__Excerpted records__
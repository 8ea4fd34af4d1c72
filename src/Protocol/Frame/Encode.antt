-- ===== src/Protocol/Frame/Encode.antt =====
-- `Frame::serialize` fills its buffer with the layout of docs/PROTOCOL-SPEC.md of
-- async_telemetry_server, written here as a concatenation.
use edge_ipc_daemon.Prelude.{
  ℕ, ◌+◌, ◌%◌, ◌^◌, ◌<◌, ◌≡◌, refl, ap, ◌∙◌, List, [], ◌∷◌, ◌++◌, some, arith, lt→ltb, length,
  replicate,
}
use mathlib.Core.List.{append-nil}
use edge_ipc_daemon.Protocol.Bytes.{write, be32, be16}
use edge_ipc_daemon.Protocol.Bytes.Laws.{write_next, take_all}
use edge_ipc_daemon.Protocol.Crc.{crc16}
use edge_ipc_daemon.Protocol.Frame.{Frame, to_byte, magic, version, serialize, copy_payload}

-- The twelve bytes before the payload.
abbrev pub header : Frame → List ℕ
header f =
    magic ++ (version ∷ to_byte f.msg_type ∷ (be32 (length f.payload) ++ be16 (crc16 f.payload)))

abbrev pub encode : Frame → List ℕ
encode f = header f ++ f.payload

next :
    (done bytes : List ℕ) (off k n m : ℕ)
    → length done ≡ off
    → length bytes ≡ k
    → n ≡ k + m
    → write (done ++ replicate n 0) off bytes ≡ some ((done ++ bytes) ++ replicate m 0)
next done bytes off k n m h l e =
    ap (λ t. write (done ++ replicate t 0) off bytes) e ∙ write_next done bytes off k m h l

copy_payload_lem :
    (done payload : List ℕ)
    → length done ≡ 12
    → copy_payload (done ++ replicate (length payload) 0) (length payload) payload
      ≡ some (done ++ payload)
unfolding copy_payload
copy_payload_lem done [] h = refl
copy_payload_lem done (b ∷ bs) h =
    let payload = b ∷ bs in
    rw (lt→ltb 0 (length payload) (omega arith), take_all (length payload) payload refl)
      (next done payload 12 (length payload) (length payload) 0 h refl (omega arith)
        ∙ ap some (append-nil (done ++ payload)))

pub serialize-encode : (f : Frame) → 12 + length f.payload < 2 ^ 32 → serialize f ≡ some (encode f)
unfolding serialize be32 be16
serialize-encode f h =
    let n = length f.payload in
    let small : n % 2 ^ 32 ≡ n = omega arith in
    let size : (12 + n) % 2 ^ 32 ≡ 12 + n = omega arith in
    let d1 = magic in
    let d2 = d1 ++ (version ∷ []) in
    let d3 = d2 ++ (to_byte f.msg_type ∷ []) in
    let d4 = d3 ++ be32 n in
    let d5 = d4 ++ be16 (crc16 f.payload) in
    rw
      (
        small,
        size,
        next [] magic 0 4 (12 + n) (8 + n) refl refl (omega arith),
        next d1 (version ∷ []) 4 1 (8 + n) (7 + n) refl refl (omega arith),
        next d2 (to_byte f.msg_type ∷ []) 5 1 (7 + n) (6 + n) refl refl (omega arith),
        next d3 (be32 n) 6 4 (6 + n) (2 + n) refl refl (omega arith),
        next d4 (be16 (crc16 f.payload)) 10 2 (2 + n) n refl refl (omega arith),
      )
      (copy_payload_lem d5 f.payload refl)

---

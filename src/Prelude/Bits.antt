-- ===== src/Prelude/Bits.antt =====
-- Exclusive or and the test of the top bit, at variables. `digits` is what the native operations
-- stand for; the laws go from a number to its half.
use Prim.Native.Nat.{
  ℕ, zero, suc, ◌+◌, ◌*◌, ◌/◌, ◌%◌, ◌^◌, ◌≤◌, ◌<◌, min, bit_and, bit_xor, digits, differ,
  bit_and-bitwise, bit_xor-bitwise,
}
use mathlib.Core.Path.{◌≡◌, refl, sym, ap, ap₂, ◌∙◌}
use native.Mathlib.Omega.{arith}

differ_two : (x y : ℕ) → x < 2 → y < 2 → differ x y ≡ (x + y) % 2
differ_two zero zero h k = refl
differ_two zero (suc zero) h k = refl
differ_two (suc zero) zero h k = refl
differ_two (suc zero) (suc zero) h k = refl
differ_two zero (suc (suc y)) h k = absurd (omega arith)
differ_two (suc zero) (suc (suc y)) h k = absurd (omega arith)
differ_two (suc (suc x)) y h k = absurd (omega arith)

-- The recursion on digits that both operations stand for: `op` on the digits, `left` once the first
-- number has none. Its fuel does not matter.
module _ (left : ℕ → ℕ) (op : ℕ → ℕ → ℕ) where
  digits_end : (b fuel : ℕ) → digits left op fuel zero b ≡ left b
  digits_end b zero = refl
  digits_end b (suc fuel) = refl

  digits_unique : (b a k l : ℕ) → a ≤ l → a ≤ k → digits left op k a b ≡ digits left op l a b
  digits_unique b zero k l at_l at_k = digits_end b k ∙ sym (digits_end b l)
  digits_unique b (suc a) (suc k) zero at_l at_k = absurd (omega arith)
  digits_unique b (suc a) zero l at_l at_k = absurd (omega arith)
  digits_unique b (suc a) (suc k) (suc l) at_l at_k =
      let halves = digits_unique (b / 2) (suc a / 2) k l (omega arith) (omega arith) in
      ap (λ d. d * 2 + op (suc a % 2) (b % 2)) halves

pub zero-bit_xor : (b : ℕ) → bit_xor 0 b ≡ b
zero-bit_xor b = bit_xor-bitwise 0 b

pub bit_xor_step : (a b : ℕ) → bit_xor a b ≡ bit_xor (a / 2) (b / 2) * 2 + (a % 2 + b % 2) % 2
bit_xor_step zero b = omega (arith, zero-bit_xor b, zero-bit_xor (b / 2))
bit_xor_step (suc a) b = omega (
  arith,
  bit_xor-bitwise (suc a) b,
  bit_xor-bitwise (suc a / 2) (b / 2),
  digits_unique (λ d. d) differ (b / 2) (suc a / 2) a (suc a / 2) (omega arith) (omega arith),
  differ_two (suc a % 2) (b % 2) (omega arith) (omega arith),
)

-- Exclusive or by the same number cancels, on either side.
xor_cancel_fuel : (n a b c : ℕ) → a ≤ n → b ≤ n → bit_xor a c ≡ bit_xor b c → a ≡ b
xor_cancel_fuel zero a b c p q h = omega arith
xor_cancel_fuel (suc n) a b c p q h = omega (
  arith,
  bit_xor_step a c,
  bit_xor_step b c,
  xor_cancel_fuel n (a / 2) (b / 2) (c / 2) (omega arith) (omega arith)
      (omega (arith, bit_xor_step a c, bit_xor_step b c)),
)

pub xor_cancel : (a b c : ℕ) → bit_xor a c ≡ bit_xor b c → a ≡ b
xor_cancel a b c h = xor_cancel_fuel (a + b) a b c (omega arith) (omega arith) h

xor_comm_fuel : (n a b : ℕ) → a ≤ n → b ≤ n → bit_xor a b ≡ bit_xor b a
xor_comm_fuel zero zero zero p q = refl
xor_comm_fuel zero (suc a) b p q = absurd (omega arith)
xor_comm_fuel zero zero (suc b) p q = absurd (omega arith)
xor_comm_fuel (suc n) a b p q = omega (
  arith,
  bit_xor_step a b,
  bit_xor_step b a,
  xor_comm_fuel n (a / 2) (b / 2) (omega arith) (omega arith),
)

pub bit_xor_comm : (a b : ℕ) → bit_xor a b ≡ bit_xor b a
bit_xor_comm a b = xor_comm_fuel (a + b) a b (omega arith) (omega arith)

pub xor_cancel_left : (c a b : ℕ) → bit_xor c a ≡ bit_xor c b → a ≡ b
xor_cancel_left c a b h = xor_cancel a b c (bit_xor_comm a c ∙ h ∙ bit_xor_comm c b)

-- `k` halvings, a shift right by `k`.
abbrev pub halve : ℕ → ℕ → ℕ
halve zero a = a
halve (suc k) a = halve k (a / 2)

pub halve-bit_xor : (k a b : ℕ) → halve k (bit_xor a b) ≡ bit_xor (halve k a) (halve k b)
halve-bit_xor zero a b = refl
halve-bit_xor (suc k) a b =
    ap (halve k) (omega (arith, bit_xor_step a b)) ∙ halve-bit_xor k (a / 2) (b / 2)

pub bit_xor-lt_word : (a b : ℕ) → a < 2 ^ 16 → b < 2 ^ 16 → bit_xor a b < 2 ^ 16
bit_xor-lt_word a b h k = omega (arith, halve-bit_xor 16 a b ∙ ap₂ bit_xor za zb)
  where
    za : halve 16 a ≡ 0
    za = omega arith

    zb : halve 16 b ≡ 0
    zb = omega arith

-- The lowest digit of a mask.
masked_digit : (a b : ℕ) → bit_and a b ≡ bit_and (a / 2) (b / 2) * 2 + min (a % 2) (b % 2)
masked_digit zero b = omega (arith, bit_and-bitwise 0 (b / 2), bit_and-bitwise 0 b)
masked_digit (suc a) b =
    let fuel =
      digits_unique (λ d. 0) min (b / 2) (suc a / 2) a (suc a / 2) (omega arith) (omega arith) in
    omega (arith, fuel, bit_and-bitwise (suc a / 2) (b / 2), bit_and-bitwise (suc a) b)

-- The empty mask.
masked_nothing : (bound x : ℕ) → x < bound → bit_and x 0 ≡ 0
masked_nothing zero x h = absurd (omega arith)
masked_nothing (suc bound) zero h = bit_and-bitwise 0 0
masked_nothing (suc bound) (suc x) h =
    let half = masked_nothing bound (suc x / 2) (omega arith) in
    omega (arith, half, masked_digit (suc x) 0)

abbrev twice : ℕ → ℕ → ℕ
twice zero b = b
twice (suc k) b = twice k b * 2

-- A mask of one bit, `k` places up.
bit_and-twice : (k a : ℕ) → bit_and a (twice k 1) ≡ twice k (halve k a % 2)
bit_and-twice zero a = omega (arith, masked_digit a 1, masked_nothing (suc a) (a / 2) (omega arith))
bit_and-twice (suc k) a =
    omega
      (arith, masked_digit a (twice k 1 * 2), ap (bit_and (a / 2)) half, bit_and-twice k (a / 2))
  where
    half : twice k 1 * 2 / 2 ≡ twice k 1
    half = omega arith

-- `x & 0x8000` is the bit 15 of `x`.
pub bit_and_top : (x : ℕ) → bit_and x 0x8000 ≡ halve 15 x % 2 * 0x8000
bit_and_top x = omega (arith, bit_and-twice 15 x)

__What the exercise asks__
Scan the listing above for the line that has "repository 8ea4fd34af4d1c72", then copy exactly from that line through the line that has "-- async_telemetry_server, written".

__Finished task__
repository 8ea4fd34af4d1c72
filename src/Protocol/Frame/Encode.antt
-- ===== src/Protocol/Frame/Encode.antt =====
-- `Frame::serialize` fills its buffer with the layout of docs/PROTOCOL-SPEC.md of
-- async_telemetry_server, written here as a concatenation.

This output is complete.